Le ministre allemand des Finances Wolfgang Schäuble critique dans un entretien à paraître vendredi le projet d'une agence de notation européenne et rappelle que les États sont eux-mêmes responsables de l'influence accordée à Standard and Poor's, Moody's et Fitch.

«Les États ont donné eux-mêmes (aux agences) une partie de cette importance disproportionnée», en rendant obligatoire une notation pour certaines catégories de placements financiers, a dit M. Schäuble au journal Kölner Stadt Anzeiger.

Les grandes agences anglo-saxonnes, très critiquées actuellement en Europe alors qu'elles menacent d'abaisser plusieurs notes souveraines, «doivent s'imposer sur le marché et ont pour but de faire des bénéfices. Pour s'affirmer sur le grand marché américain, il faut faire un peu de raffut. Si c'est toujours sérieux? On peut se le demander», a déclaré le ministre.

M. Schäuble juge toutefois qu'il ne faut pas «abattre le messager porteur de mauvaises nouvelles», mais «régler les problèmes».

Le grand argentier allemand est sceptique face à l'idée d'une agence de notation européenne, éventuellement publique: «Et qui la mettrait en place? Je ne suis pas persuadé qu'une offre publique aurait une chance face à cette concurrence privée, établie depuis longtemps».

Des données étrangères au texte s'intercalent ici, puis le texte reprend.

-- ===== src/Detector/Rebuild.antt =====
-- src/arbitrage_detector.rs: `rebuild_graph`, from the selected pools to the graph. There are fewer than
-- 2 ^ 32 pools and edges, so that the indices do not wrap.
pub mod Laws
pub mod Valid
use sovereign_shadow_mev.Prelude.{
  ℕ, zero, suc, ◌+◌, Bool, Option, none, some, List, [], ◌∷◌, ◌++◌, length, map, ◌==◌,
  if◌then◌else◌, Run, done, panic, ◌>>=◌,
}
use sovereign_shadow_mev.Models.{DexName}
use sovereign_shadow_mev.Mirror.Pools.{StateMirror}
use sovereign_shadow_mev.Mirror.Traders.{set_insert}
use sovereign_shadow_mev.Detector.Graph.{StaticEdge, StaticGraph}
use sovereign_shadow_mev.Detector.Select.{
  Registration, ArbitrageDetector, Selected, select_pools, retain_registered,
}

-- An entry of `adj`: the token that it is kept under, and the `PoolEdge`.
pub record PoolEdge : Type 0 where
  pub token_a : ℕ
  pub pool_address : ℕ
  pub token_b : ℕ
  pub dex_name : DexName

-- Both directions of a pool, in the order in which they are pushed.
unfoldable pub pool_edges : List Selected → List PoolEdge
pool_edges [] = []
pool_edges ((pool, reg) ∷ selected) =
    record {
      token_a = reg.token_0;
      pool_address = pool;
      token_b = reg.token_1;
      dex_name = reg.dex_name;
    }
    ∷ record {
      token_a = reg.token_1;
      pool_address = pool;
      token_b = reg.token_0;
      dex_name = reg.dex_name;
    }
    ∷ pool_edges selected

-- The set of the tokens, a list in an order of its own.
unfoldable pub token_set : List Selected → List ℕ
token_set [] = []
token_set ((pool, reg) ∷ selected) =
    set_insert reg.token_1 (set_insert reg.token_0 (token_set selected))

abbrev pub pool_list : List Selected → List ℕ
pool_list [] = []
pool_list ((pool, reg) ∷ selected) = pool ∷ pool_list selected

-- The index that the last insertion for a key leaves, in an enumeration from `i` on.
unfoldable pub index_from : ℕ → List ℕ → ℕ → Option ℕ
index_from i [] key = none
index_from i (x ∷ xs) key = elim (index_from (suc i) xs key) [
  | some j ↦ some j
  | none ↦ if x == key then some i else none
]

-- `*map.get(key).unwrap()`
abbrev pub unwrap : Option ℕ → Run ℕ
unwrap none = panic
unwrap (some i) = done i

module _ (pools tokens : List ℕ) where
  unfoldable pub static_edge : PoolEdge → Run StaticEdge
  static_edge edge = unwrap (index_from 0 pools edge.pool_address) >>= λ pool_idx.
      unwrap (index_from 0 tokens edge.token_b) >>= λ target_token_idx. done (record {
        pool_idx = pool_idx;
        target_token_idx = target_token_idx;
        dex_name = edge.dex_name;
      })

  -- The edges of one token.
  unfoldable pub edges_of : ℕ → List PoolEdge → Run (List StaticEdge)
  edges_of token [] = done []
  edges_of token (edge ∷ edges) =
      let rest = edges_of token edges in
      if edge.token_a == token
      then (static_edge edge >>= λ first. rest >>= λ others. done (first ∷ others))
      else rest

  -- The offsets of the tokens, with the sentinel, and all the edges.
  unfoldable pub lay_out : List PoolEdge → List ℕ → ℕ → Run (List ℕ × List StaticEdge)
  lay_out adj [] current_offset = done (current_offset ∷ [], [])
  lay_out adj (token ∷ others) current_offset = edges_of token adj >>= λ edges.
      lay_out adj others (current_offset + length edges) >>= λ (nodes, rest).
      done (current_offset ∷ nodes, edges ++ rest)

unfoldable pub graph_of : List Selected → Run StaticGraph
graph_of selected =
    let tokens = token_set selected in
    let pools = pool_list selected in
    lay_out pools tokens (pool_edges selected) tokens 0 >>= λ (nodes, edges). done (record {
      tokens = tokens;
      token_to_idx = index_from 0 tokens;
      pools = pools;
      pool_to_idx = index_from 0 pools;
      nodes = nodes;
      edges = edges;
    })

unfoldable pub rebuild_graph : ArbitrageDetector → StateMirror → ℕ → Run ArbitrageDetector
rebuild_graph d m now = select_pools d m now m.pools >>= λ selected.
    graph_of selected >>= λ graph. done (record d { graph = graph })

unfoldable pub sync_registry : ArbitrageDetector → StateMirror → ℕ → Run ArbitrageDetector
sync_registry d m now = rebuild_graph (retain_registered d m) m now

Dans ce même entretien, M. Schäuble répète son opposition à toute création d'euro-obligations: «ceux qui parlent des eurobonds compromettent les efforts des États pour résoudre eux-mêmes leurs problèmes».

Il se dit toutefois prêt à «rassembler aussi vite que possible tout le capital» du futur mécanisme européen de stabilité (MES), qui doit dès l'an prochain prendre la place du fonds temporaire existant, le Fonds européen de stabilité financière (FESF).

Le chef de file des ministres des Finances de la zone euro, le Luxembourgeois Jean-Claude Juncker, a lui déjà appelé les pays de la zone euro à verser en une seule fois le capital du MES, soit 80 milliards d'euros.

Pour dégager les fonds, Berlin va devoir présenter une loi de Finances rectificative pour le budget fédéral 2012, a confirmé M. Schäuble, qui a dit toutefois n'avoir «aucune donnée définitive sur le quand et le combien». Un député allemand a avancé le chiffre de dépenses supplémentaires de 4,3 milliards d'euros.

M. Schäuble juge par ailleurs «très regrettable» que la Grande-Bretagne ait mis son veto la semaine dernière à une modification des traités européens, mais jugé «inacceptables» les conditions posées par Londres pour valider un durcissement de la discipline budgétaire en zone euro, en l'occurrence des règles préférentielles pour son secteur financier.

En conclusion de l'entretien, le ministre, doyen du gouvernement d'Angela Merkel, déclare souhaiter pour Noël que «les gens n'oublient pas qu'en dépit de tout, ils vivent la phase la plus heureuse de l'histoire allemande».